# Assignment
Scan the records below for the word "HasTable". Copy each line where it appears.

══════

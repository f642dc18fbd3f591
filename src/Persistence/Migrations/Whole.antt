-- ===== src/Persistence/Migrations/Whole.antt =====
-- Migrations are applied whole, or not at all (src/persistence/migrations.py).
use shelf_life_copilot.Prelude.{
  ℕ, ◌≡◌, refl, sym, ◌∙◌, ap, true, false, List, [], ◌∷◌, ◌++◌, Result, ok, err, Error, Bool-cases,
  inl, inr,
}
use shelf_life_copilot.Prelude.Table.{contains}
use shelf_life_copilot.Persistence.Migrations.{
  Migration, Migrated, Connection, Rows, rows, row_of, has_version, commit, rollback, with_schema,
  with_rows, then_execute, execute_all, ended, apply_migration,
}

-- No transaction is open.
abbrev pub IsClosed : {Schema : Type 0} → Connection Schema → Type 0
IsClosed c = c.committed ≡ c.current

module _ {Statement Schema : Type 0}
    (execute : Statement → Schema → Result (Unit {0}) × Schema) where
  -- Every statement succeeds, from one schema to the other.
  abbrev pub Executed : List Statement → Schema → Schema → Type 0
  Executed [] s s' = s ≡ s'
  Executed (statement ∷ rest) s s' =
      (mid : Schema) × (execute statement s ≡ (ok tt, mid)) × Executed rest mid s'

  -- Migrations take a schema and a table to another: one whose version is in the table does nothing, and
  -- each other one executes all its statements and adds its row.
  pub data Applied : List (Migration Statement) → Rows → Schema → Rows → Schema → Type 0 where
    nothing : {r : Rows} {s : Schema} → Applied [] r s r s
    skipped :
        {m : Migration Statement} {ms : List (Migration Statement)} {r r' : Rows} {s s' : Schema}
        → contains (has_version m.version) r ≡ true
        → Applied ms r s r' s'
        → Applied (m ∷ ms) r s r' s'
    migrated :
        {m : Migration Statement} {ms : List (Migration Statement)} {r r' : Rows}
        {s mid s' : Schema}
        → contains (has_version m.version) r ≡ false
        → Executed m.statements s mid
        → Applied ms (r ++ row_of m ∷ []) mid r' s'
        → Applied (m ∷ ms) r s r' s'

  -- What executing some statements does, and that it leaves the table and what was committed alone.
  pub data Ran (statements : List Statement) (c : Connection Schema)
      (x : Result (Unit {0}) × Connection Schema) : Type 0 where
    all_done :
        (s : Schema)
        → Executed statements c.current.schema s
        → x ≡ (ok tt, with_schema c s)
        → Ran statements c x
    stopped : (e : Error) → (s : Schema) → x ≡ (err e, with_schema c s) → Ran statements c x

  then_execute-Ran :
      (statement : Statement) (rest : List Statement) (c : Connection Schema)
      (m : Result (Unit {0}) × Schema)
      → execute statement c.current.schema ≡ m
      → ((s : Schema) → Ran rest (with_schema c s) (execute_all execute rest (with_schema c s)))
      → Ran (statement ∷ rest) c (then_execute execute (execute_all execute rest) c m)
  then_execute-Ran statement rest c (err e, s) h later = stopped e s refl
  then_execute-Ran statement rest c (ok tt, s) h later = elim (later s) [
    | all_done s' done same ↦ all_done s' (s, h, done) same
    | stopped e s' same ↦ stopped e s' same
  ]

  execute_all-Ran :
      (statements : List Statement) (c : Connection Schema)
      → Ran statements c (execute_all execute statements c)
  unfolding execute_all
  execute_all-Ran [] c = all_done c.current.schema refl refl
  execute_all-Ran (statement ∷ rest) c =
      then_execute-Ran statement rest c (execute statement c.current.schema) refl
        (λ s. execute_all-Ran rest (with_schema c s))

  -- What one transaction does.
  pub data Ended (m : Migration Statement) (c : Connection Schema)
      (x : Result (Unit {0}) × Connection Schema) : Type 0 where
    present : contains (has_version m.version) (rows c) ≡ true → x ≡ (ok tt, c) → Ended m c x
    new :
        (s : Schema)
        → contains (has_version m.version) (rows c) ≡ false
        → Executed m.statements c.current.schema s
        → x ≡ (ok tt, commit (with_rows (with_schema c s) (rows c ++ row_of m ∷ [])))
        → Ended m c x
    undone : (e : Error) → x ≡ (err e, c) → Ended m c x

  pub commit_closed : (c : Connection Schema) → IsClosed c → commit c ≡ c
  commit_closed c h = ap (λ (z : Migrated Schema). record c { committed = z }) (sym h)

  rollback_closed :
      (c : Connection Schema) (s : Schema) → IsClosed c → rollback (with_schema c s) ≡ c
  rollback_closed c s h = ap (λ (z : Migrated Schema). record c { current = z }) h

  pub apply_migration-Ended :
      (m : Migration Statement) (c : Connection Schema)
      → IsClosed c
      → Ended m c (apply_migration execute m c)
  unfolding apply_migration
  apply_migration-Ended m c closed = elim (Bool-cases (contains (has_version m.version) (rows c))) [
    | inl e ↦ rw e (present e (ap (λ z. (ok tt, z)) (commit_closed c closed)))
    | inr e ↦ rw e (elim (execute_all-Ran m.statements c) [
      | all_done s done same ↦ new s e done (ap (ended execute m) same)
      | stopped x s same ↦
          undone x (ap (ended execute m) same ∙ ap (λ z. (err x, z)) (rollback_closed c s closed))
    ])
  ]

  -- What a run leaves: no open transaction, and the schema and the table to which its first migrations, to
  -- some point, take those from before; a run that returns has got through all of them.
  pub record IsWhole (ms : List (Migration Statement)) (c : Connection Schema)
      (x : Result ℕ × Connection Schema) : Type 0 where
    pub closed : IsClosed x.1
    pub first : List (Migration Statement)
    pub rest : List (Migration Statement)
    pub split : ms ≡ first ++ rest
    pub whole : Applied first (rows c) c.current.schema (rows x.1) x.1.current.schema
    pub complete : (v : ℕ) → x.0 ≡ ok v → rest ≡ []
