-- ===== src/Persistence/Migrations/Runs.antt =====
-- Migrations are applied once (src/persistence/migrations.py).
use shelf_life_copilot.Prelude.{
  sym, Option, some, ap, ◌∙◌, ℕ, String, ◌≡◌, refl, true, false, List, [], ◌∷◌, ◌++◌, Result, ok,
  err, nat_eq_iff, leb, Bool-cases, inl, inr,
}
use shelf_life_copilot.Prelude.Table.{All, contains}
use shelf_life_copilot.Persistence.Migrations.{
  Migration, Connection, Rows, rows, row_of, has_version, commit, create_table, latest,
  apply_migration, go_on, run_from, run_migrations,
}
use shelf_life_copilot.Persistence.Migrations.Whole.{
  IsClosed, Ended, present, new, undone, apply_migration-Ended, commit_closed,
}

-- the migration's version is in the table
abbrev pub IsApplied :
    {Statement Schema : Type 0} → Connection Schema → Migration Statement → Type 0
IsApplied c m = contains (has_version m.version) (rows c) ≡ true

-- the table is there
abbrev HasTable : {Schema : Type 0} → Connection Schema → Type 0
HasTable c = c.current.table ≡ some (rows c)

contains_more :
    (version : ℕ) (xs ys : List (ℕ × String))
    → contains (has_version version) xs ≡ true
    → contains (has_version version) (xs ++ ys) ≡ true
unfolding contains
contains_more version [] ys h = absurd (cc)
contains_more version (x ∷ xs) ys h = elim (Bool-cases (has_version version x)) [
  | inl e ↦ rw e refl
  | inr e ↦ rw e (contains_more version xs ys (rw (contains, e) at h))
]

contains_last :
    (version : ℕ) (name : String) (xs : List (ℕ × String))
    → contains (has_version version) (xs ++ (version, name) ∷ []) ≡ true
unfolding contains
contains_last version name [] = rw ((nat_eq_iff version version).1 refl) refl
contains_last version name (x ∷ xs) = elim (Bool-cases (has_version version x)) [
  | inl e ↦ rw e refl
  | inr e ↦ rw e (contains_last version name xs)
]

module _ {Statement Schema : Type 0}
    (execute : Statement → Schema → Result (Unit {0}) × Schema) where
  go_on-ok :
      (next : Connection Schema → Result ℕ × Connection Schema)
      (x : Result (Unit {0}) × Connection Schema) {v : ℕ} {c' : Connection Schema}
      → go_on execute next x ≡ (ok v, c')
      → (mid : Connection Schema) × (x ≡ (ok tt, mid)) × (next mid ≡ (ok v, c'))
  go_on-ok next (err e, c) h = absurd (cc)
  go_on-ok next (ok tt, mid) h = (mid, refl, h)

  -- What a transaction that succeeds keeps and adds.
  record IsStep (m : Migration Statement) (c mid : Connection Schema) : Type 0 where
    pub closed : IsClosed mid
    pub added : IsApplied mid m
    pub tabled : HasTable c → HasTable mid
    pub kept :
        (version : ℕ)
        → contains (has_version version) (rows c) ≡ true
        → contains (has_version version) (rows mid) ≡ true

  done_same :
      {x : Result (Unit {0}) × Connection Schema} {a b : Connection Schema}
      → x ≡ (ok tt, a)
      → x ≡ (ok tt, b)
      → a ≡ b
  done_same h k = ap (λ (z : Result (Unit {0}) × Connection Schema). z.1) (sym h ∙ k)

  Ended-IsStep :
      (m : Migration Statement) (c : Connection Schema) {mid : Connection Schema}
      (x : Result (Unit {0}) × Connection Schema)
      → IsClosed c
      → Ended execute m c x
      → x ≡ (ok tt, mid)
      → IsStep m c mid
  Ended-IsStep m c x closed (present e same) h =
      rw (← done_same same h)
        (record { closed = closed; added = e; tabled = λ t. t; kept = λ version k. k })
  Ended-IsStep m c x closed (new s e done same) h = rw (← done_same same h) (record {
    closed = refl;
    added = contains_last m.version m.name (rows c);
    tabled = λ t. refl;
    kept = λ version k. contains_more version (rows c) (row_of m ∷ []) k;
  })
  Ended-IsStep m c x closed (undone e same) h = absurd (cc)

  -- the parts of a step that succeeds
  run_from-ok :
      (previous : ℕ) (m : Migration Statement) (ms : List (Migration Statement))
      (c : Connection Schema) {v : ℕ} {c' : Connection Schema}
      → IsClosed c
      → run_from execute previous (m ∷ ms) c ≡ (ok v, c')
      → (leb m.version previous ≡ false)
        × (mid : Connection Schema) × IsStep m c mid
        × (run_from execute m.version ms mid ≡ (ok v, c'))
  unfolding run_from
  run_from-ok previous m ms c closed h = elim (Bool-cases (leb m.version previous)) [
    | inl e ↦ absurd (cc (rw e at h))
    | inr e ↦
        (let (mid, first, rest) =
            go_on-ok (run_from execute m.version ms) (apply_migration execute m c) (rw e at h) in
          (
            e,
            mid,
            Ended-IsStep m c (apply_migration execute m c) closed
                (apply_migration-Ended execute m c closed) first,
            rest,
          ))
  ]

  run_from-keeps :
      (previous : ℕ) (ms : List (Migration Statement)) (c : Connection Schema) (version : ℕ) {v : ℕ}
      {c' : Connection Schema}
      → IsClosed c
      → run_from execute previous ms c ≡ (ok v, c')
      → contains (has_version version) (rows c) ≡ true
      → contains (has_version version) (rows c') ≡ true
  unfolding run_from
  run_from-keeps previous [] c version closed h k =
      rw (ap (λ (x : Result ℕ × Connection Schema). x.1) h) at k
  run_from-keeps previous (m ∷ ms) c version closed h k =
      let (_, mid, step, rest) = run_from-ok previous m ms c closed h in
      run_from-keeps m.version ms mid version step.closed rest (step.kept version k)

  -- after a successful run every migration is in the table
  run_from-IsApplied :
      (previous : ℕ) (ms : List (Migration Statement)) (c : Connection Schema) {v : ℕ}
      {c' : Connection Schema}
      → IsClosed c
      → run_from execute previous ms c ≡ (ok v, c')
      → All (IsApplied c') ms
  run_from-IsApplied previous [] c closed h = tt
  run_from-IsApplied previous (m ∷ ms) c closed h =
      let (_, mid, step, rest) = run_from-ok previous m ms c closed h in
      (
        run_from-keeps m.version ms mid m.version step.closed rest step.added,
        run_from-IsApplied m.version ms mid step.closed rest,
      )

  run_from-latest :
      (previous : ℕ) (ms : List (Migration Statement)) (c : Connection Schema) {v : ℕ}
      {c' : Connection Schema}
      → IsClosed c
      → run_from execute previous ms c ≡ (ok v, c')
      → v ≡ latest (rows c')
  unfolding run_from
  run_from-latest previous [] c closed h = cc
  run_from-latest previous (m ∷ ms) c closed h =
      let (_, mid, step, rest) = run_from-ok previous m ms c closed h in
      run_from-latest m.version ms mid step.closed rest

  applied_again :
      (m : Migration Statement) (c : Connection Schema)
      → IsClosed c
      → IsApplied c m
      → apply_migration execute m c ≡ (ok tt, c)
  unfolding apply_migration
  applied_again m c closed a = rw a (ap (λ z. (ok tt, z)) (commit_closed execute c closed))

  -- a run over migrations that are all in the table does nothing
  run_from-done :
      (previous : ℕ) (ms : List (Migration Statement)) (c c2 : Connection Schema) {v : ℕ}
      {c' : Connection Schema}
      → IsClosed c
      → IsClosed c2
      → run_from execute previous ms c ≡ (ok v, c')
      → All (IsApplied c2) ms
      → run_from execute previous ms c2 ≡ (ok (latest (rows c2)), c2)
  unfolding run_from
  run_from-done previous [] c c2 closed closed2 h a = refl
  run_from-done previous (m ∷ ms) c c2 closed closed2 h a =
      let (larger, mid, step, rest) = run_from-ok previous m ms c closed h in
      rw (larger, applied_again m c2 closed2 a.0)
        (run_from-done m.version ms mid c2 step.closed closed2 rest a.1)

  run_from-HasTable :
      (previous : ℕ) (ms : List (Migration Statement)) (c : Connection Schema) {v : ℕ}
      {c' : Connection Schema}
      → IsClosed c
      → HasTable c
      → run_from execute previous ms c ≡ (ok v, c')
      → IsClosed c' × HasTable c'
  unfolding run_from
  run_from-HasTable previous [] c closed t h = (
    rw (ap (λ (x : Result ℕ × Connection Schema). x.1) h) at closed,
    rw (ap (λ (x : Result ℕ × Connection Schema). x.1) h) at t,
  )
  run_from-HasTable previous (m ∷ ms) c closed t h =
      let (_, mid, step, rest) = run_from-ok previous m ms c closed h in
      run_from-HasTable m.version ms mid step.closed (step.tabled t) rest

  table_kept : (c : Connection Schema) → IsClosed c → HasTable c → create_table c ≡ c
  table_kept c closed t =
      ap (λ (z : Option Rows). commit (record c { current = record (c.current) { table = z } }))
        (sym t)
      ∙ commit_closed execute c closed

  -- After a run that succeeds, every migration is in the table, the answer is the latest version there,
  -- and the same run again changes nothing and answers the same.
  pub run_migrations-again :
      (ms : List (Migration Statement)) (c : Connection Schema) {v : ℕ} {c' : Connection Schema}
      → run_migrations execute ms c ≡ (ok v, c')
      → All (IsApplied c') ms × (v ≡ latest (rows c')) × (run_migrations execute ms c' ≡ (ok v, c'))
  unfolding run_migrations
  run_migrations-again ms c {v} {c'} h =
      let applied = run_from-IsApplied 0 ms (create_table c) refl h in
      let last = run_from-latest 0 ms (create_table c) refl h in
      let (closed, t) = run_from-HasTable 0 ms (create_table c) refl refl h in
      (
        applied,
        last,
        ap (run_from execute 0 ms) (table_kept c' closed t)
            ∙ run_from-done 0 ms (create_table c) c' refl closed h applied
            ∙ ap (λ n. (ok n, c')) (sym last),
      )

══════

# Solution for this problem
abbrev HasTable : {Schema : Type 0} → Connection Schema → Type 0
HasTable c = c.current.table ≡ some (rows c)
    pub tabled : HasTable c → HasTable mid
  run_from-HasTable :
      → HasTable c
      → IsClosed c' × HasTable c'
  run_from-HasTable previous [] c closed t h = (
  run_from-HasTable previous (m ∷ ms) c closed t h =
      run_from-HasTable m.version ms mid step.closed (step.tabled t) rest
  table_kept : (c : Connection Schema) → IsClosed c → HasTable c → create_table c ≡ c
      let (closed, t) = run_from-HasTable 0 ms (create_table c) refl refl h in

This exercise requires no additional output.